Le destin fatidique de Fema : un raisonneur et un duo

Mitar, le frère de Fema, est l'exemple même du personnage de raisonneur classique. C'est moins un personnage qui provoque le rire qu'un gardien de la tradition, dont il se fait l'orateur. Ses actions gênent les élans de l'héroïne, qu'il ramène sur terre, permettant à l'équilibre rompu d'être rétabli à la fin de la pièce. Mitar est un raisonneur au service de la défense des valeurs éprouvées, représentant un contrepoids aux personnages de la pièce qui s'écartent de leur identité. Il est "la voix de la raison" telle que le public doit la reconnaître, car il souligne les déformations comiques.  

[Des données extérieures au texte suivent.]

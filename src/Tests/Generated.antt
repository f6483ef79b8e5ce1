-- ===== src/Tests/Generated.antt =====
-- The theorems of `handshake` and `parseFrom` with the generated messages at concrete inputs.
use kiteq_client_cpp.Base.{
  ℕ, ◌+◌, ◌^◌, ◌<◌, ◌≡◌, refl, length, true, false, List, [], ◌∷◌, ◌++◌, none, some, arith,
}
use kiteq_client_cpp.Base.Dict.{nat_eq, find}
use kiteq_client_cpp.Base.Word.{add64}
use kiteq_client_cpp.Protocol.{conn_meta, bytes_message}
use kiteq_client_cpp.KitePacket.{KitePacket, done, kind_of_cmd, parse_from}
use kiteq_client_cpp.KitePacket.Encode.{frame, head_bytes}
use kiteq_client_cpp.KitePacket.Decode.{IsHeader}
use kiteq_client_cpp.KitePacket.Unparsed.{parse_from-blank}
use kiteq_client_cpp.Messages.ConnAuthAck.{ConnAuthAck}
use kiteq_client_cpp.Messages.ConnMeta
use kiteq_client_cpp.Messages.Any.{
  Message, a_conn_meta, a_conn_auth_ack, parse, serialize, is_initialized,
}
use kiteq_client_cpp.Messages.Codec.{generated}
use kiteq_client_cpp.Remoting.ResponseFuture.{request, step, run, no_futures}
use kiteq_client_cpp.Remoting.Heartbeat.{set_next_heartbeat_time, reset}
use kiteq_client_cpp.Remoting.Client.{Client, is_response, running, recovering}
use kiteq_client_cpp.Remoting.Calls.{conn_meta_of, handshake}
use kiteq_client_cpp.Remoting.Calls.Replies.{taking}
use kiteq_client_cpp.Remoting.Calls.Handshake.{handshake-conn_meta}
use kiteq_client_cpp.Tests.Data.{gcc, blank, head, client_of}
use kiteq_client_cpp.Tests.Messages.{one_byte}

abbrev welcome : ConnAuthAck
welcome = record {
  status = true;
  has_status = true;
  feedback = [];
  has_feedback = true;
  unknown_fields = [];
}

-- The pointer cast, which reads another message as one that says no.
abbrev cast_ack : Message → ConnAuthAck
cast_ack (a_conn_auth_ack a) = a
cast_ack m = record welcome { status = false }

abbrev caller : Client Message
caller = client_of recovering no_futures

nobody_waits : find head.opaque caller.futures.future_map ≡ none
unfolding no_futures
nobody_waits = refl

short_meta : length (serialize one_byte (a_conn_meta (conn_meta_of caller))) + 24 < 2 ^ 31
unfolding serialize conn_meta_of ConnMeta.new_message ConnMeta.set_groupid ConnMeta.set_secretkey
short_meta = omega arith

abbrev welcome_packet : KitePacket Message
welcome_packet = record {
  header = record head { cmd_type = 0x03 };
  message = some (a_conn_auth_ack welcome);
  buff = blank;
}

abbrev asks_too : Client Message → Client Message
asks_too c = record c { futures = step (request 3) c.futures }

abbrev nothing : Client Message → Client Message
nothing c = c

is_welcome : is_response welcome_packet.header.cmd_type ≡ true
unfolding is_response
is_welcome = refl

handshake-conn_meta_example :
    (body : List ℕ) × (meta : ConnMeta.ConnMeta) × (c' : Client Message) × (handshake gcc
        (generated one_byte)
        a_conn_meta
        (λ m. (cast_ack m).status)
        head
        (taking 0 welcome_packet asks_too nothing)
        1000
        caller
      ≡ done (true, c'))
    × (c'.status ≡ running)
    × (c'.heartbeat ≡ set_next_heartbeat_time (add64 1000 3000) (reset caller.heartbeat))
    × (c'.sent ≡ [] ++ frame head body)
    × (parse one_byte conn_meta body ≡ a_conn_meta meta)
    × (meta.groupid ≡ 71 ∷ [])
    × (meta.secretkey ≡ 83 ∷ [])
    × (meta.has_warmingupsec ≡ false)
unfolding run no_futures
handshake-conn_meta_example =
    handshake-conn_meta one_byte gcc cast_ack 0 [] (request 3 ∷ []) [] asks_too nothing
      welcome_packet welcome head 1000 caller (λ a. refl) (omega arith) (omega arith) short_meta
      refl nobody_waits (λ x. refl) (λ x. refl) (λ x. refl) (tt, tt) is_welcome refl refl

head-IsHeader : IsHeader head
head-IsHeader = record {
  opaque_fits = omega arith;
  cmd_fits = omega arith;
  version_fits = omega arith;
  extension_fits = omega arith;
}

bytes_known : kind_of_cmd head.cmd_type ≡ some bytes_message
unfolding kind_of_cmd
bytes_known = refl

abbrev waiting_packet : KitePacket Message
waiting_packet = record { header = head; message = none; buff = blank }

parse_from-blank_example :
    (m : Message) × (parse_from gcc (generated one_byte) waiting_packet (head_bytes head 0 ++ []) 19
      ≡ done (true, record waiting_packet { header = head; message = some m }))
    × (is_initialized m ≡ false)
parse_from-blank_example =
    parse_from-blank one_byte gcc waiting_packet head bytes_message [] head-IsHeader (omega arith)
      bytes_known (λ i. refl)
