-- ===== src/Tests/Machines.antt =====
-- The theorems on the client's steps at concrete inputs.
use kiteq_client_cpp.Base.{ℕ, ◌≤◌, ◌≡◌, ◌↔◌, refl, true, false, List, [], ◌∷◌, length, some, arith}
use kiteq_client_cpp.KitePacket.{done}
use kiteq_client_cpp.Session.{success}
use kiteq_client_cpp.Commons.Counter.{compare_and_set, set_count}
use kiteq_client_cpp.Commons.HostPort.{HostPort, parse, of_parts, server_address}
use kiteq_client_cpp.Remoting.ResponseFuture.{no_futures}
use kiteq_client_cpp.Remoting.Heartbeat.{new_heartbeat, set_parent}
use kiteq_client_cpp.Remoting.Client.{
  Client, Callback, none_state, prepare, running, recovering, new_client, handle_resolve,
  handle_connect, handle_read_pkg, register, async_resolve, close, is_client_dead,
}
use kiteq_client_cpp.Remoting.Connect.{start}
use kiteq_client_cpp.Remoting.Connect.Loop.{preparing, start-gives_up}
use kiteq_client_cpp.Remoting.Calls.{Beat, hb_thread}
use kiteq_client_cpp.Remoting.Calls.Silence.{hb_thread-silent}
use kiteq_client_cpp.Remoting.Machine.{
  Reach, here, later, prepares, adopts, attempts, resolves, connects, closes,
}
use kiteq_client_cpp.Remoting.Machine.Sound.{IsSound}
use kiteq_client_cpp.Remoting.Machine.Invariant.{new_client-Reach, new_client-no_fault}
use kiteq_client_cpp.Remoting.Machine.Runs.{start-Reach, start_once}
use kiteq_client_cpp.Tests.Data.{gcc, Message, plain_codec, head, session, local_host, boost_split}
use kiteq_client_cpp.Tests.Clients.{
  idle, nobody, no_stats, after, nobody_connects, delivered_packet, version_of, beat,
}

abbrev url : List ℕ
url = b'h' ∷ b':' ∷ b'1' ∷ b'?' ∷ b'x' ∷ []

abbrev fresh : Client Message
fresh = new_client boost_split (71 ∷ []) (83 ∷ []) url no_futures [] no_stats session

-- Started, and connected by the io service's thread.
abbrev connected : Client Message
connected = record (preparing fresh) { status = recovering }

url_parses : server_address boost_split url ≡ some local_host
unfolding server_address parse of_parts
url_parses = refl

connected-Reach : Reach gcc plain_codec 0 fresh connected
unfolding new_client server_address parse of_parts compare_and_set async_resolve handle_resolve
    handle_connect set_parent set_count
connected-Reach = later prepares (
    later adopts (
      later (attempts (λ z. absurd (omega (arith, z))) refl)
        (later (resolves success local_host [] refl) (later (connects success 0 refl) here))))

new_client-Reach_example : IsSound (server_address boost_split url) connected
new_client-Reach_example =
    new_client-Reach gcc plain_codec 0 boost_split (71 ∷ []) (83 ∷ []) url [] no_stats session
      connected connected-Reach

new_client-no_fault_example :
    ((c' : Client Message) × (called : List (Callback Message)) × (handle_read_pkg 0 success
          (record connected { session = record connected.session { pkg = delivered_packet } })
        ≡ done (c', called)))
    × ((c' : Client Message) × (register 9 connected ≡ done c'))
    × ((c' : Client Message) × (async_resolve connected ≡ done c'))
new_client-no_fault_example =
    new_client-no_fault gcc plain_codec 0 boost_split (71 ∷ []) (83 ∷ []) url [] no_stats session
      connected local_host success delivered_packet 9 url_parses connected-Reach

abbrev given_up : Client Message
given_up = after 10 (preparing (idle none_state))

gives_up : start nobody (idle none_state) ≡ done (false, given_up)
unfolding set_parent
gives_up =
    start-gives_up local_host nobody (idle none_state) refl refl (λ n c. refl)
      (nobody_connects prepare (λ e. absurd (omega (arith, e))) (λ e. absurd (omega (arith, e))))

start-Reach_example : Reach gcc plain_codec 0 (idle none_state) given_up
start-Reach_example =
    start-Reach gcc plain_codec 0 nobody (idle none_state) given_up false (λ n c. here) gives_up

start_once_example : start nobody (close given_up) ≡ done (false, close given_up)
start_once_example =
    start_once gcc plain_codec 0 nobody nobody (idle none_state) given_up (close given_up) false
      (λ n c. here) gives_up (later closes here)

abbrev beats : List (Beat Message)
beats =
    record { header = head; meanwhile = done; now = 5; time_now = 1005 }
    ∷ record { header = head; meanwhile = done; now = 1006; time_now = 2006 }
    ∷ []

abbrev beating : Client Message
beating = record (idle running) { heartbeat = new_heartbeat }

hb_thread-silent_example :
    (c' : Client Message) × (hb_thread gcc plain_codec version_of beat beats beating ≡ done c')
    × (c'.status ≡ running)
    × ((is_client_dead c' ≡ true) ↔ (5 ≤ length beats))
unfolding new_heartbeat
hb_thread-silent_example =
    hb_thread-silent gcc plain_codec version_of beat beats beating refl refl
      (
        record { nobody = refl; due = refl; short = omega arith },
        (record { nobody = refl; due = refl; short = omega arith }, tt),
      )
      (omega arith)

Il y a dans la pièce deux personnages de trompeurs qui fonctionnent en duo : ce sont le philosophe Ružičić et la pique-assiette Sara. Le duo Ružičić – Sara est fondé sur les différences, d'où provient d'ailleurs le comique entre les envolées lyriques de Ružičić et les aspirations beaucoup plus prosaïques de Sara. Le lexique de Ružičić abonde en mots abstraits, et recourt de plus au slavon, le lexique de Sara regorge quant à lui de termes culinaires. Ainsi s'établit une opposition cocasse entre deux univers, "spirituel" et gastronomique, alors même que leurs deux représentants appartiennent à un monde unique, celui de l'imposture. Sara est pour Fema synonyme de noblesse, notamment par sa "connaissance" de phrases toutes faites en allemand et en français. D’ailleurs, ce sont les langues étrangères qui sont le plus souvent source de malentendus et d'incompréhension entre les personnages de Sterija. Le français de Fema en particulier est un bon exemple de recours à une langue étrangère à des fins comiques basés souvent sur des calambours et des jeux de mots inattendus. 

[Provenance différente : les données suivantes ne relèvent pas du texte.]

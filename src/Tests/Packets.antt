-- ===== src/Tests/Packets.antt =====
-- The theorems of ByteBuf, KitePacket and Session at concrete inputs.
use kiteq_client_cpp.Base.{
  ℕ, ◌≤◌, ◌≡◌, ◌≢◌, ◌⊎◌, ◌↔◌, refl, true, false, List, [], ◌∷◌, ◌++◌, some, take, drop, All, arith,
  ◌+◌,
}
use kiteq_client_cpp.ByteBuf.{
  empty, read_int, read_long, read_short, read_byte, write_byte, write_short, write_int, write_long,
}
use kiteq_client_cpp.ByteBuf.Fields.{int_bytes}
use kiteq_client_cpp.ByteBuf.Invariant.{IsValid, empty-IsValid, write-IsValid}
use kiteq_client_cpp.Protocol.{Kind, heart_beat}
use kiteq_client_cpp.KitePacket.{
  Header, KitePacket, done, new_packet, to_byte_buf, parse_from, parse_body, slice, sent_bytes,
  delim_packet, kind_of_cmd,
}
use kiteq_client_cpp.KitePacket.Encode.{frame}
use kiteq_client_cpp.KitePacket.Decode.{with_extension}
use kiteq_client_cpp.KitePacket.RoundTrip.{
  IsSendable, parse_from-to_byte_buf, parse_from-wide_extension, parse_from_cases,
}
use kiteq_client_cpp.KitePacket.Delim.{delim_packet-first_crlf}
use kiteq_client_cpp.Session.{read_length, ended, threw, failure, receive_all, packet_length}
use kiteq_client_cpp.Session.Frames.{IsReceivable}
use kiteq_client_cpp.Session.Length.{IsPlain, length_field, packet_length_iff}
use kiteq_client_cpp.Session.Stream.{packets, send_all, receive_all-send_all}
use kiteq_client_cpp.Session.Faults.{frame-throws, frame-oversized}
use kiteq_client_cpp.Commons.HostPort.{to_string}
use kiteq_client_cpp.Remoting.ListenerManager.{get_listener}
use kiteq_client_cpp.Remoting.ResponseFuture.{no_futures}
use kiteq_client_cpp.Remoting.ResponseFuture.Invariant.{no_futures-Inv}
use kiteq_client_cpp.Remoting.Client.{Client, running}
use kiteq_client_cpp.Remoting.Client.Dispatch.{serve, Kept}
use kiteq_client_cpp.Remoting.Client.Delivery.{events, serve-send_all}
use kiteq_client_cpp.Tests.Data.{
  local_host, client_in, gcc, Message, plain_codec, blank, head, wide_head, body, ack, store_head,
  session, zeros, length-zeros,
}

head-IsSendable : IsSendable plain_codec head body
unfolding kind_of_cmd
head-IsSendable = record {
  is_header = record {
    opaque_fits = omega arith;
    cmd_fits = omega arith;
    version_fits = omega arith;
    extension_fits = omega arith;
  };
  whole = tt;
  same_kind = refl;
  short = omega arith;
}

wide-IsSendable : IsSendable plain_codec wide_head body
wide-IsSendable = record {
  is_header = record {
    opaque_fits = omega arith;
    cmd_fits = omega arith;
    version_fits = omega arith;
    extension_fits = omega arith;
  };
  whole = tt;
  same_kind = head-IsSendable.same_kind;
  short = omega arith;
}

store-IsSendable : IsSendable plain_codec store_head ack
unfolding kind_of_cmd
store-IsSendable = record {
  is_header = record {
    opaque_fits = omega arith;
    cmd_fits = omega arith;
    version_fits = omega arith;
    extension_fits = omega arith;
  };
  whole = tt;
  same_kind = refl;
  short = omega arith;
}

abbrev two : List (Header × Message)
two = (head, body) ∷ (store_head, ack) ∷ []

two-IsReceivable : All (λ hm. IsReceivable plain_codec hm.0 hm.1) two
two-IsReceivable = (
  record {
    sendable = head-IsSendable;
    narrow = omega arith;
    within = omega arith;
    plain = omega arith;
  },
  (
    record {
      sendable = store-IsSendable;
      narrow = omega arith;
      within = omega arith;
      plain = omega arith;
    },
    tt,
  ),
)

receive_all-send_all_example :
    (stream : List ℕ) × (send_all gcc plain_codec 1 two ≡ done stream)
    × (receive_all gcc 65536 2 plain_codec 8 session read_length stream
        ≡ (packets blank two, ended (failure 2)))
receive_all-send_all_example =
    receive_all-send_all gcc 65536 2 plain_codec two session two-IsReceivable refl (λ k. refl)
      (omega arith)

parse_from-to_byte_buf_example :
    (r : ℕ × KitePacket Message) × (to_byte_buf gcc plain_codec 1 (new_packet head body) ≡ done r)
    × (parse_from gcc plain_codec session.pkg (drop 4 (sent_bytes r) ++ 5 ∷ []) 23
        ≡ done (true, record { header = head; message = some body; buff = blank }))
parse_from-to_byte_buf_example =
    parse_from-to_byte_buf gcc plain_codec 0 head body session.pkg (5 ∷ []) head-IsSendable
      (omega arith) (λ k. refl)

parse_from-wide_extension_example :
    (r : ℕ × KitePacket Message) × (v : ℕ) × (to_byte_buf gcc plain_codec 1
        (new_packet wide_head body)
      ≡ done r)
    × (parse_from gcc plain_codec session.pkg (drop 4 (sent_bytes r) ++ []) 23
        ≡ done (
          true,
          record { header = with_extension wide_head v; message = some body; buff = blank },
        ))
    × (v ≢ 0x100000000)
parse_from-wide_extension_example =
    parse_from-wide_extension gcc plain_codec 0 wide_head body session.pkg [] wide-IsSendable
      (omega arith)

delim_packet-first_crlf_example : delim_packet (1 ∷ 13 ∷ 10 ∷ 2 ∷ []) 4 ≡ done 3
delim_packet-first_crlf_example = delim_packet-first_crlf (1 ∷ 13 ∷ 10 ∷ 2 ∷ [])

-- A heartbeat whose version is its one byte of body, behind its length field.
abbrev beat : List ℕ
beat = 0 ∷ 0 ∷ 0 ∷ 7 ∷ 1 ∷ 0 ∷ 1 ∷ 0 ∷ 0 ∷ 0 ∷ 0 ∷ 0 ∷ 0 ∷ 0 ∷ 9 ∷ 0 ∷ 0 ∷ 0 ∷ 1 ∷ 33 ∷ []

abbrev beat_packet : KitePacket Message
beat_packet = record {
  header = record { opaque = 7; cmd_type = 1; version = 1; extension = 9 };
  message = some (heart_beat, 33 ∷ []);
  buff = blank;
}

beat_parsed : parse_from gcc plain_codec session.pkg beat 20 ≡ done (true, beat_packet)
unfolding parse_from parse_body slice kind_of_cmd read_int read_long read_short read_byte
beat_parsed = refl

parse_from_cases_example :
    ((true ≡ false) × (beat_packet ≡ session.pkg))
    ⊎ ((n : ℕ) × (k : Kind) × (true ≡ true)
        × (kind_of_cmd 1 ≡ some k)
        × (read_int (drop 15 beat) ≡ some n)
        × (19 + n ≤ 20)
        × (some (heart_beat, 33 ∷ []) ≡ some (plain_codec.parse k (take n (33 ∷ []))))
        × (blank ≡ blank))
parse_from_cases_example =
    parse_from_cases gcc plain_codec session.pkg beat_packet beat 20 true (omega arith) beat_parsed

frame-throws_example :
    receive_all gcc 65536 2 plain_codec 5 session read_length (frame head (zeros 109) ++ [])
    ≡ ([], threw)
frame-throws_example =
    frame-throws gcc 65536 2 plain_codec 3 session head (zeros 109) [] (omega arith)
      (λ p. absurd (omega (arith, p.small0, length-zeros 109)))

frame-oversized_example :
    receive_all gcc 1000000 2 plain_codec 5 session read_length
      (int_bytes 65536 ++ zeros 65536 ++ [])
    ≡ (let later =
          receive_all gcc 1000000 2 plain_codec 2
            (record { read_buffer = zeros 65536; pkglen = length_field 65536; pkg = session.pkg })
            read_length
            [] in
        (session.pkg ∷ later.0, later.1))
frame-oversized_example =
    frame-oversized gcc 1000000 2 plain_codec 2 session 65536 (zeros 65536) [] (length-zeros 65536)
      (omega arith) (omega arith)
      (record { small2 = omega arith; small1 = omega arith; small0 = omega arith }) (omega arith)

packet_length_iff_example : (packet_length (length_field 128) ≡ 128) ↔ IsPlain 128
packet_length_iff_example = packet_length_iff 128 (omega arith)

write-IsValid_example :
    IsValid (write_byte gcc empty 300)
    × IsValid (write_short gcc empty 300)
    × IsValid (write_int gcc empty 300)
    × IsValid (write_long gcc empty 300)
unfolding empty
write-IsValid_example = write-IsValid gcc 300 (omega arith) empty-IsValid

serve-send_all_example :
    (stream : List ℕ) × (c' : Client Message) × (send_all gcc plain_codec 1 two ≡ done stream)
    × (serve 0
          (receive_all gcc 65536 2 plain_codec 8 session read_length stream).0
          (client_in running no_futures)
        ≡ done (
          c',
          events plain_codec
              (get_listener 0 (to_string local_host) (client_in running no_futures).listeners)
              two,
        ))
    × Kept (client_in running no_futures) c' 2
serve-send_all_example =
    serve-send_all plain_codec gcc 65536 2 0 two session (client_in running no_futures) local_host
      two-IsReceivable refl (λ k. refl) (omega arith) no_futures-Inv refl (omega arith)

Fema – l’un des plus célèbres personnages de la littérature serbe 

Fema est souvent comparée à monsieur Jourdain du Bourgeois gentilhomme. Le thème qui leur est commun est d’ailleurs sur plusieurs points traité de la même manière. Comme monsieur Jourdain rêve de devenir gentilhomme, Fema rêve d’être noble et veut transformer son entourage. Le comique naît toutefois essentiellement du caractère de personnage de Fema, habilement intégré par l'auteur dans un milieu social, et qui se démasque précisément par son parler, quels que soient les efforts pour s'éloigner de sa véritable identité. Autant Fema cherche à persuader autrui qu'elle s'est débarrassée de son identité antérieure, autant elle éprouve le besoin de se convaincre de l'existence de cette identité rêvée, même lorsqu'il lui semble l'avoir définitivement acquise.  

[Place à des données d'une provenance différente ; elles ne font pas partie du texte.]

-- ===== src/Tests/Parts.antt =====
-- The theorems of the common parts at concrete inputs.
use kiteq_client_cpp.Base.{
  ℕ, ◌+◌, ◌%◌, ◌^◌, ◌≡◌, ◌≢◌, ◌⊎◌, refl, List, [], ◌∷◌, none, some, arith, get_elem?,
}
use kiteq_client_cpp.Base.Dict.{nat_eq, bytes_eq, find}
use kiteq_client_cpp.Commons.Counter.{get_count_change, sum, get_count_change-total}
use kiteq_client_cpp.Commons.Atomic.{take_numbers, take_numbers-distinct}
use kiteq_client_cpp.Commons.ConcurrentMap.{puts, removes, gets, Call, spec_run, run, run-spec_run}
use kiteq_client_cpp.Commons.HostPort.{HostPort, parse}
use kiteq_client_cpp.Commons.HostPort.Laws.{count, parse_iff}
use kiteq_client_cpp.Commons.HostPort.{is_colon}
use kiteq_client_cpp.Tests.Data.{boost_split}

get_count_change-total_example :
    (c : ℕ) × (left : List ℕ) × (get_count_change (3 ∷ 0 ∷ 4 ∷ []) 10 ≡ some (c, 0, left))
    × ((c + sum left) % 2 ^ 64 ≡ 17)
get_count_change-total_example = get_count_change-total (3 ∷ []) (4 ∷ []) 10 (omega arith)

abbrev first_result : ℕ
first_result = 0

abbrev third_result : ℕ
third_result = 2

numbered : (take_numbers 3 0xFFFFFFFF ≡ 0 ∷ 1 ∷ 2 ∷ [])
unfolding take_numbers
numbered = refl

first_number : get_elem? (take_numbers 3 0xFFFFFFFF) 0 ≡ some 0
first_number = rw numbered

third_number : get_elem? (take_numbers 3 0xFFFFFFFF) 2 ≡ some 2
third_number = rw numbered

take_numbers-distinct_example :
    (first_result ≢ third_result) × (first_result ≡ (0xFFFFFFFF + 0 + 1) % 2 ^ 32)
take_numbers-distinct_example =
    take_numbers-distinct 3 0xFFFFFFFF 0 2 0 2 (omega arith) (omega arith) (omega arith)
      (omega arith) first_number third_number

abbrev calls : List (Call ℕ ℕ)
calls = puts 1 10 0 ∷ puts 1 11 0 ∷ removes 2 ∷ gets 1 0 ∷ []

run-spec_run_example :
    ((run calls []).0 ≡ (spec_run calls (λ k. none)).0)
    × ((j : ℕ) → find j (run calls []).1 ≡ (spec_run calls (λ k. none)).1 j)
run-spec_run_example = run-spec_run calls [] (λ k. none) (λ k. refl)

abbrev text : List ℕ
text = b':' ∷ b'9' ∷ []

parse_iff_example :
    ((count is_colon text ≢ 1) × (parse boost_split text ≡ none))
    ⊎ ((count is_colon text ≡ 1)
        × ((hp : HostPort) × (parse boost_split text ≡ some hp) × (hp.host ≢ []) × (hp.port ≢ [])))
parse_iff_example = parse_iff boost_split text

Brillamment conçu, le personnage de Fema –  qui oscille entre celui d'une femme liée à son milieu étroit de province et celui d'une femme qui veut s'en émanciper – est devenu l’un des plus célèbres de la littérature serbe : c’est un personnage qui aujourd’hui encore provoque de grands éclats de rire.
 

♦ Etudes et articles en serbe. Bogdanović Milan : "Pokondirena tikva", Stari i novi II, Prosveta Beograd, 1946, p. 53-57 ; Flegar Milorad : "Tri komedije Jovana Sterije Popovića: Pokondirena tikva, Tvrdica ili Kir Janja, Rodoljupci", in : éd. Hećičović, Fleger, Dva komediografa, Školska knjiga, Zagreb, 1971, p. 55-113 ; Milićević Živko : "Sterija i njegova Pokondirena tikva", Radoznalosti, eseji, Minerva, Subotica, 1954, p. 5-22 ; Milinčević Vaso : "Sterijina vrhunska komediografska ostvarenja", in : Pokondirena tikva. Rodoljupci, Prosveta / Nolit / Zavod za udžbenike i nastavna sredstva, Beograd, 1985, p. 7-33.